Woah ! This was definitely one of the densest lectures so far. Embeddings are so neat. All that space wasted by one-hot encoded matrices finally getting reclaimed.

So much new stuff, will have to go back and watch the whole lecture again. Also, @jeremy for beating the state of the art like “no big deal” ?

I guess we are halfway in the course now, right ? I’m already experiencing denial, not wanting this to end.

jeremy · November 22, 2017, 1:10am

Yes! You should pre-train them by making them embeddings in some different model - e.g. learning some different task. Just like pre-training on a language model and using for classification.

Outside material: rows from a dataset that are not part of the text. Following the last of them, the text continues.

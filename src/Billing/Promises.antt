-- ===== src/Billing/Promises.antt =====
-- What the services promise to their callers, whatever other processes do at each `await`.
use generation_balance_servi.Base.{
  ℕ, ap, [], arith, ◌≤◌, ◌≡◌, true, Option-cases, some, inl, inr, lookup,
}
use generation_balance_servi.Errors.{ok}
use generation_balance_servi.Money.{micros_to_money}
use generation_balance_servi.Policy.{GenerationRequest, BalanceTopUp}
use generation_balance_servi.TopUp.{validate}
use generation_balance_servi.Redis.{Redis, BalanceHash}
use generation_balance_servi.Redis.Generations.{Keeps}
use generation_balance_servi.Redis.Versions.{IsForward, Later, run-Later}
use generation_balance_servi.Store.{BalanceSnapshot, snapshot_from_hash}
use generation_balance_servi.Store.Methods
use generation_balance_servi.Store.Recognises.{IsFinished, HasMarker}
use generation_balance_servi.Machine.{Machine}
use generation_balance_servi.Machine.Rules.{is_failure, IsSchedule, Outcome, Met}
use generation_balance_servi.Billing.Configs.{Config}
use generation_balance_servi.Billing.Loader.{ensure_loaded}
use generation_balance_servi.Billing.Balances.{apply_top_up}
use generation_balance_servi.Billing.Generation.{Provider, execute_generation}
use generation_balance_servi.Billing.Settings.{
  Outcome-of-Goes, plain, following, Admits-Keeps, Admits-IsForward, Follows-following, Any,
  IsSchedule-Any, Admits-Any,
}
use generation_balance_servi.Billing.Loaded.{WasLoaded, ensure_loaded-Goes}
use generation_balance_servi.Billing.Attempts.{apply_top_up-Goes}
use generation_balance_servi.Billing.Executed.{IsAnswer, execute_generation-Goes}

-- A call of `execute_generation` ends: whatever other processes do, short of an expiry of the
-- request's record, and however the wire behaves, it returns or raises, provided that a poll takes a
-- millisecond at least. If it returns, the result is for the request, and the record is done. Either
-- it has the text of the provider's answer to an authorized request, with the bill brought between
-- zero and the total of the authorized plan and rounded down to whole micro-dollars; or the record
-- is of the same user, dialog and model, and the result has the text and the charge that it keeps,
-- except that it bills the authorized cost where the record keeps no charge or a charge of zero. If
-- it raises GenerationFailedError or is cancelled, the record is finished, so that no reservation is
-- left running.
pub execute_generation_ends :
    (config : Config) (provider : Provider) (request : GenerationRequest) (m : Machine)
    → 1 ≤ config.billing.running_poll_interval
    → IsSchedule (Keeps request.client_request_id) m.schedule
    → Outcome
        (λ res m'. IsAnswer provider request m.next_token res m'.world.redis)
        (λ e m'. is_failure e ≡ true → IsFinished request.client_request_id m'.world.redis)
        (execute_generation config provider request m)
execute_generation_ends config provider request m polls s =
    let id = request.client_request_id in
    Outcome-of-Goes (following id) m
      (λ res m'. IsAnswer provider request m.next_token res m'.world.redis)
      (λ res m'. IsAnswer provider request m.next_token res m'.world.redis)
      (λ e m'. is_failure e ≡ true → IsFinished id m'.world.redis)
      (execute_generation config provider request m)
      (execute_generation-Goes (following id) (Admits-Keeps id) config provider request
        (Follows-following id) polls m.next_token m s (omega arith))
      (λ res m' h q. q) (λ e m' o. o)

-- The snapshot has the version of the balance, its free requests, and its funds in dollars, field by
-- field.
abbrev pub IsSnapshotOf : BalanceSnapshot → BalanceHash → Type 0
IsSnapshotOf s b =
    (s.view.free_usd ≡ micros_to_money b.free_usd)
    × (s.view.bonus_usd ≡ micros_to_money b.bonus_usd)
    × (s.view.paid_usd ≡ micros_to_money b.paid_usd)
    × (s.view.free_requests ≡ b.free_requests)
    × (s.version ≡ b.version)

-- The snapshot is of a balance that the user had in a keyspace of the history, and that the user has
-- still or has left behind.
abbrev pub IsRecent : ℕ → BalanceSnapshot → Machine → Type 0
IsRecent u s m =
    (r : Redis) × (b : BalanceHash) × Met r m.history
    × (lookup u r.balances ≡ some b)
    × IsSnapshotOf s b
    × Later (some b) (lookup u m.world.redis.balances)

load-IsSnapshotOf :
    (u : ℕ) (s : BalanceSnapshot) (r : Redis)
    → some s ≡ Methods.load u r
    → (b : BalanceHash) × IsSnapshotOf s b × (lookup u r.balances ≡ some b)
unfolding Methods.load snapshot_from_hash
load-IsSnapshotOf u s r e = elim (Option-cases (lookup u r.balances)) [
  | inl m ↦ cc (rw m at e)
  | inr (b, m) ↦
      let is : s ≡ snapshot_from_hash b = cc (rw m at e) in
      (
        b,
        (
          ap (λ x. x.view.free_usd) is,
          ap (λ x. x.view.bonus_usd) is,
          ap (λ x. x.view.paid_usd) is,
          ap (λ x. x.view.free_requests) is,
          ap (λ x. x.version) is,
        ),
        m,
      )
]

WasLoaded-IsRecent :
    (u : ℕ) (s : BalanceSnapshot) (m : Machine) → WasLoaded IsForward u s m → IsRecent u s m
WasLoaded-IsRecent u s m (r, met, e, x) =
    let (b, is, at) = load-IsSnapshotOf u s r e in
    (r, b, met, at, is, rw x.ends (rw at at (run-Later x.calls r u x.all)))

-- A machine at the start of a call.
abbrev pub began : Machine → Machine
began m = record m { history = [] }

-- A call of `ensure_loaded` ends, whatever other processes do whose ADVANCE_VERSION go forward: it
-- returns or raises. What it returns is, field by field, a balance that the user had in Redis right
-- after one of the call's own commands, and at the end the user still has this balance or one of a
-- greater version.
pub ensure_loaded_ends :
    (config : Config) (u : ℕ) (m : Machine)
    → IsSchedule IsForward m.schedule
    → Outcome (IsRecent u) (λ e m'. Unit {0}) (ensure_loaded config u (began m))
ensure_loaded_ends config u m s =
    Outcome-of-Goes (plain IsForward) (began m) (WasLoaded IsForward u) (IsRecent u)
      (λ e m'. Unit {0}) (ensure_loaded config u (began m))
      (ensure_loaded-Goes (plain IsForward) Admits-IsForward config u (began m) s)
      (λ s m' h l. WasLoaded-IsRecent u s m' l) (λ e m' o. tt)

-- A call of `apply_top_up` ends, whatever other processes do and however the wire behaves: it
-- returns or raises. If it returns, the top-up passed its check, and the marker of its operation is
-- in Redis, by which TOP_UP recognises it.
pub apply_top_up_ends :
    (config : Config) (command : BalanceTopUp) (m : Machine)
    → Outcome
        (λ done m'. (validate command ≡ ok tt) × HasMarker command.operation_id m'.world.redis)
        (λ e m'. Unit {0})
        (apply_top_up config command m)
apply_top_up_ends config command m =
    let Post = λ (done : Unit {0}) (m' : Machine).
      (validate command ≡ ok tt) × HasMarker command.operation_id m'.world.redis in
    Outcome-of-Goes (plain Any) m Post Post (λ e m'. Unit {0}) (apply_top_up config command m)
      (apply_top_up-Goes (plain Any) Admits-Any config command m (IsSchedule-Any m.schedule))
      (λ done m' h q. q) (λ e m' o. tt)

jeremy · November 22, 2017, 1:12am

We know in this case that the stores weren’t actually open at that time, so we assume that it was already being used as a signal value. IIRC this is an assumption the original developers of this solution made.

hiromi · November 22, 2017, 1:37am

Got it! Thank you

We are doing a fastai study group in Omaha, NE this evening. @KevinB says hi!

jeremy · November 22, 2017, 2:12am

That’s so cool! Learn lots!

mmr · November 22, 2017, 6:21am

What do you guys think the best way to reduce high class imbalance. I am solving classification problem of diabetic retinopathy from https://www.kaggle.com/c/diabetic-retinopathy-detection. The class distribution is approximately ( class1 - 73% , class2 -3%, class3 -14%, class4 - 2%, class5 - 2%) . Should I follow the template provided for dog breed classification - or should I shed some examples out of the dominant class , so that all the classes have similar representation. Thanks

jeremy · November 22, 2017, 5:48pm

You can replicate the rare classes to make them more balanced. Never throw away data!

Note that it you double the number of class5 rows (for instance), your probabilities will end up too high, so you’ll need to reduce them at the end.

rikiya · November 22, 2017, 6:30pm

@jeremy I’d be glad if you could reply this, maybe silly question though. Thanks!

jeremy · November 22, 2017, 6:47pm

Generally you’ll want categorical, as long as there aren’t too many levels. Categorical give the model more flexibility.